Doctors have long known that chronic kidney disease can sharply increase a patient’s risk of heart failure. More than half of people with advanced kidney disease ultimately die from cardiovascular complications, even when obesity, hypertension and diabetes do not fully explain the connection.
Researchers at the University of Virginia and Icahn School of Medicine at Mount Sinai in New York now say they have identified a kidney-specific mechanism that may help solve the puzzle.
The team found that diseased kidneys release large numbers of circulating extracellular vesicles, or microscopic particles that act as messengers between organs.
Nearly all cells in the body shed these vesicles, which carry biological “cargo” such as proteins and genetic material.
In healthy people, those signals may help maintain normal communication. But in people with chronic kidney disease, the vesicles appear to carry toxic microRNA, small molecules that regulate gene activity and protein production.

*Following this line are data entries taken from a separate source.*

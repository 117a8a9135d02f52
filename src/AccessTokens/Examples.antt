-- ===== src/AccessTokens/Examples.antt =====
-- A user with two tokens, and the theorems on src/domain/access_tokens.py at them.
use qnsc_kb_backend.Prelude.{
  ℕ, ◌+◌, ◌*◌, ◌<◌, String, ◌≡◌, refl, ◌≢◌, true, none, some, List, [], ◌∷◌, ◌++◌, Memᴰ, arith,
  nat_eq, string_eq, option_eq,
}
use qnsc_kb_backend.AccessTokens.{
  PersonalAccessToken, Owner, TokenPrincipal, revoke_token, create_token, principal,
  authenticate_token,
}
use qnsc_kb_backend.AccessTokens.RoundTrip.{created_token-authenticates}
use qnsc_kb_backend.AccessTokens.Lifetime.{authenticate_sound, revoked_token_is_refused}

abbrev token : ℕ → String → PersonalAccessToken
token id hash = record {
  id = id;
  user_id = 3;
  name = "laptop";
  token_prefix = "kbpat_abcd";
  token_hash = hash;
  scope = "read";
  expires_at = 5000;
  last_used_at = none;
  revoked_at = none;
}

abbrev tokens : List PersonalAccessToken
tokens = token 1 "kbpat_first" ∷ token 2 "kbpat_second" ∷ []

abbrev owner : Owner
owner = record { id = 3; email = "an@acme.vn"; auth_version = 1; active = true }

abbrev same_text : String → String
same_text t = t

abbrev second_principal : TokenPrincipal
second_principal = record {
  token_id = 2;
  user_id = 3;
  email = "an@acme.vn";
  auth_version = 1;
  scope = "read";
}

second_authenticates :
    (authenticate_token same_text same_text 400 (owner ∷ []) (some "kbpat_second") tokens).1
    ≡ some second_principal
unfolding authenticate_token
second_authenticates = refl

authenticate_sound_example :
    (item : PersonalAccessToken) × (user : Owner) × Memᴰ item tokens
    × (item.token_hash ≡ "kbpat_second")
    × (item.revoked_at ≡ none)
    × (400 < item.expires_at)
    × Memᴰ user (owner ∷ [])
    × (user.id ≡ item.user_id)
    × (user.active ≡ true)
    × (second_principal ≡ principal same_text item user)
authenticate_sound_example =
    authenticate_sound same_text same_text 400 (owner ∷ []) (some "kbpat_second") tokens
      second_principal second_authenticates

second_authenticates_still :
    (authenticate_token same_text same_text 400
      (owner ∷ [])
      (some "kbpat_second")
      (revoke_token 300 3 1 tokens).0).1
    ≡ some second_principal
unfolding authenticate_token revoke_token
second_authenticates_still = refl

revoked_token_is_refused_example : second_principal.token_id ≢ 1
revoked_token_is_refused_example =
    revoked_token_is_refused same_text same_text 400 (owner ∷ []) 300 3 1 (some "kbpat_second")
      tokens second_principal second_authenticates_still refl

abbrev third : PersonalAccessToken
third = record {
  id = 7;
  user_id = 3;
  name = "desktop";
  token_prefix = "kbpat_thir";
  token_hash = "kbpat_third";
  scope = "write";
  expires_at = 400 + 30 * 86_400;
  last_used_at = none;
  revoked_at = none;
}

third_created :
    create_token same_text same_text 90 400 7 3 "third" "desktop" "write" 30 tokens
    ≡ some (tokens ++ third ∷ [], third, "kbpat_third")
unfolding create_token
third_created = refl

created_token-authenticates_example :
    (authenticate_token same_text same_text 500
      (owner ∷ [])
      (some "kbpat_third")
      (tokens ++ third ∷ [])).1
    ≡ some (record {
      token_id = 7;
      user_id = 3;
      email = "an@acme.vn";
      auth_version = 1;
      scope = "write";
    })
created_token-authenticates_example =
    created_token-authenticates same_text same_text same_text 90 400 500 7 3 "third" "desktop"
      "write" 30 tokens (tokens ++ third ∷ []) third "kbpat_third" (owner ∷ []) owner third_created
      (omega arith) refl (omega arith) refl refl
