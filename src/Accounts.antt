-- ===== src/Accounts.antt =====
-- The rows that authorization reads: src/models/user.py, src/models/rbac.py and the columns of
-- src/models/article.py that src/domain/rbac.py and src/domain/permissions.py look at.
-- A UUID is a number; a text column is a `String`; a nullable column is an `Option`.
use qnsc_kb_backend.Prelude.{ℕ, String, Bool, Option, List, nat_eq, string_eq, option_eq}

-- The `scope` column of a role permission; `other` is any text outside SCOPES.
pub data Scope : Type 0 where
  own department company global : Scope
  other : String → Scope

pub record Department : Type 0 where
  pub id : ℕ
  pub name : String
  pub company_domain : String
  pub active : Bool

pub record DepartmentManager : Type 0 where
  pub department : Department
  pub active : Bool

-- `permission` holds the key of the permission row, if the relationship is loaded.
pub record RolePermission : Type 0 where
  pub permission : Option String
  pub scope : Scope

pub record Role : Type 0 where
  pub id : ℕ
  pub name : String
  pub company_domain : Option String
  pub active : Bool
  pub permissions : List RolePermission

pub record User : Type 0 where
  pub id : ℕ
  pub company_domain : String
  pub dept : Option String
  pub role : String
  pub active : Bool
  pub departments : List Department
  pub department_ownerships : List DepartmentManager
  pub roles : List Role

-- What `getattr` reads of a resource. `company_domain` is `none` where the object has no such
-- attribute, and `owner_id` where it has none or the column is null.
pub record Resource : Type 0 where
  pub company_domain : Option String
  pub departments : List Department
  pub dept : Option String
  pub owner_id : Option ℕ

pub record UserPermission : Type 0 where
  pub user_id : ℕ
  pub effect : String
  pub source : Option String

-- An article; `source_systems` are the `source_system` columns of its `sources`.
pub record Article : Type 0 where
  pub resource : Resource
  pub status : String
  pub lifecycle_status : Option String
  pub visibility : String
  pub sensitivity : String
  pub user_permissions : List UserPermission
  pub source_systems : List String
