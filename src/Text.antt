-- ===== src/Text.antt =====
-- Python's operations on texts that the components share. A text is its list of code points.
use Prim.Native.Char.{code}
use mathlib.Core.List.{reverse}
use qnsc_kb_backend.Prelude.{
  ℕ, zero, suc, ◌+◌, ◌/◌, ◌%◌, String, ◌≡◌, refl, ◌↔◌, Bool, true, false, not, ◌&&◌, ◌||◌, Option,
  none, some, List, [], ◌∷◌, ◌++◌, arith, ltb, leb, nat_beq, nat_beq_iff, if◌then◌else◌, &&-eq-true,
  length, Eq, nat_eq, string_eq, option_eq,
}

abbrev pub Text : Type 0
Text = List ℕ

-- The code points of a literal; `String` has its own `[]` and `∷`.
abbrev pub codes : String → Text
codes String.[] = []
codes (String.◌∷◌ c s) = code c ∷ codes s

unfoldable pub text_beq : Text → Text → Bool
text_beq [] [] = true
text_beq [] (_ ∷ _) = false
text_beq (_ ∷ _) [] = false
text_beq (a ∷ s) (b ∷ t) = nat_beq a b && text_beq s t

pub text_beq_iff : (s t : Text) → (text_beq s t ≡ true) ↔ (s ≡ t)
unfolding text_beq
text_beq_iff [] [] = (λ _. refl, λ _. refl)
text_beq_iff [] (_ ∷ _) = (λ h. cc, λ h. cc)
text_beq_iff (_ ∷ _) [] = (λ h. cc, λ h. cc)
text_beq_iff (a ∷ s) (b ∷ t) = (
  λ h.
      let (p, q) = &&-eq-true (nat_beq a b) (text_beq s t) h in
      cc ((nat_beq_iff a b).0 p, (text_beq_iff s t).0 q),
  λ h. ground (arith, nat_beq_iff a b, text_beq_iff s t, h),
)

instance abbrev pub text_eq : Eq Text
text_eq = record { same = text_beq; same_iff = text_beq_iff }

-- `s < t`
unfoldable pub precedes : Text → Text → Bool
precedes [] [] = false
precedes [] (_ ∷ _) = true
precedes (_ ∷ _) [] = false
precedes (a ∷ s) (b ∷ t) = ltb a b || nat_beq a b && precedes s t

unfoldable pub is_blank : Text → Bool
is_blank [] = true
is_blank (_ ∷ _) = false

-- str.isspace, and `\s`
unfoldable pub is_space : ℕ → Bool
is_space c =
    leb 9 c && leb c 13
    || leb 28 c && leb c 32
    || nat_beq c 133
    || nat_beq c 160
    || nat_beq c 5760
    || leb 8192 c && leb c 8202
    || nat_beq c 8232
    || nat_beq c 8233
    || nat_beq c 8239
    || nat_beq c 8287
    || nat_beq c 12288

unfoldable pub drop_while : (ℕ → Bool) → Text → Text
drop_while p [] = []
drop_while p (c ∷ s) = let rest = drop_while p s in if p c then rest else c ∷ s

unfoldable pub drop_while_end : (ℕ → Bool) → Text → Text
unfolding drop_while
drop_while_end p s = reverse (drop_while p (reverse s))

unfoldable pub strip : Text → Text
unfolding is_space drop_while_end
strip s = drop_while_end is_space (drop_while is_space s)

-- The parts between characters that `p` marks, without the empty ones; `cur` is the part so far.
words_from : (ℕ → Bool) → Text → Text → List Text
unfolding is_blank
words_from p cur [] = if is_blank cur then [] else cur ∷ []
words_from p cur (c ∷ s) =
    let rest = words_from p (if p c then [] else cur ++ c ∷ []) s in
    if p c && not (is_blank cur) then cur ∷ rest else rest

-- str.split()
unfoldable pub words : Text → List Text
unfolding words_from is_space
words s = words_from is_space [] s

-- The line boundaries of str.splitlines
is_break : ℕ → Bool
is_break c =
    leb 10 c && leb c 13
    || leb 28 c && leb c 30
    || nat_beq c 133
    || nat_beq c 8232
    || nat_beq c 8233

-- `after_cr`: the character before is a carriage return, which a line feed does not end again.
lines_from : Bool → Text → Text → List Text
unfolding is_blank is_break
lines_from after_cr cur [] = if is_blank cur then [] else cur ∷ []
lines_from after_cr cur (c ∷ s) =
    let rest = lines_from (nat_beq c 13) (if is_break c then [] else cur ++ c ∷ []) s in
    if is_break c && not (after_cr && nat_beq c 10) then cur ∷ rest else rest

unfoldable pub splitlines : Text → List Text
unfolding lines_from
splitlines s = lines_from false [] s

-- sep.join(parts)
unfoldable pub join : Text → List Text → Text
join sep [] = []
join sep (part ∷ []) = part
join sep (part ∷ next ∷ rest) = part ++ (sep ++ join sep (next ∷ rest))

starts_with : Text → Text → Bool
starts_with [] s = true
starts_with (_ ∷ _) [] = false
starts_with (a ∷ part) (b ∷ s) = nat_beq a b && starts_with part s

index_of : Text → Text → Option ℕ
unfolding is_blank starts_with
index_of part [] = if is_blank part then some 0 else none
index_of part (c ∷ s) =
    let rest : Option ℕ = elim (index_of part s) [ none ↦ none | some n ↦ some (suc n) ] in
    if starts_with part (c ∷ s) then some 0 else rest

-- s[n:]
unfoldable pub drop : ℕ → Text → Text
drop zero s = s
drop (suc n) [] = []
drop (suc n) (c ∷ s) = drop n s

-- s.find(part, from), `none` for -1
unfoldable pub find_text : Text → Text → ℕ → Option ℕ
unfolding index_of drop
find_text s part from =
    if ltb (length s) from
    then none
    else elim (index_of part (drop from s)) [ none ↦ none | some n ↦ some (from + n) ]

-- The digits of a number below `10 ^ fuel`.
digits : ℕ → ℕ → Text
digits zero n = []
digits (suc fuel) n =
    let front = digits fuel (n / 10) in
    if ltb n 10 then (48 + n) ∷ [] else front ++ ((48 + n % 10) ∷ [])

-- str(n): a number is below `10 ^ suc n`.
unfoldable pub decimal : ℕ → Text
unfolding digits
decimal n = digits (suc n) n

When those vesicles reach the heart, they can disrupt normal function and contribute to the development of heart failure.
Uta Erdbrügger, the study researcher and a UVA physician-scientist, said the discovery could help doctors detect cardiovascular risk earlier, even before patients develop symptoms.
“So if we identify patients who don't have any symptoms that they're at risk for heart disease, we can intervene sooner,” she said.
She said the discovery offers the first direct evidence that the kidney can actively influence heart damage through long-distance organ-to-organ signaling.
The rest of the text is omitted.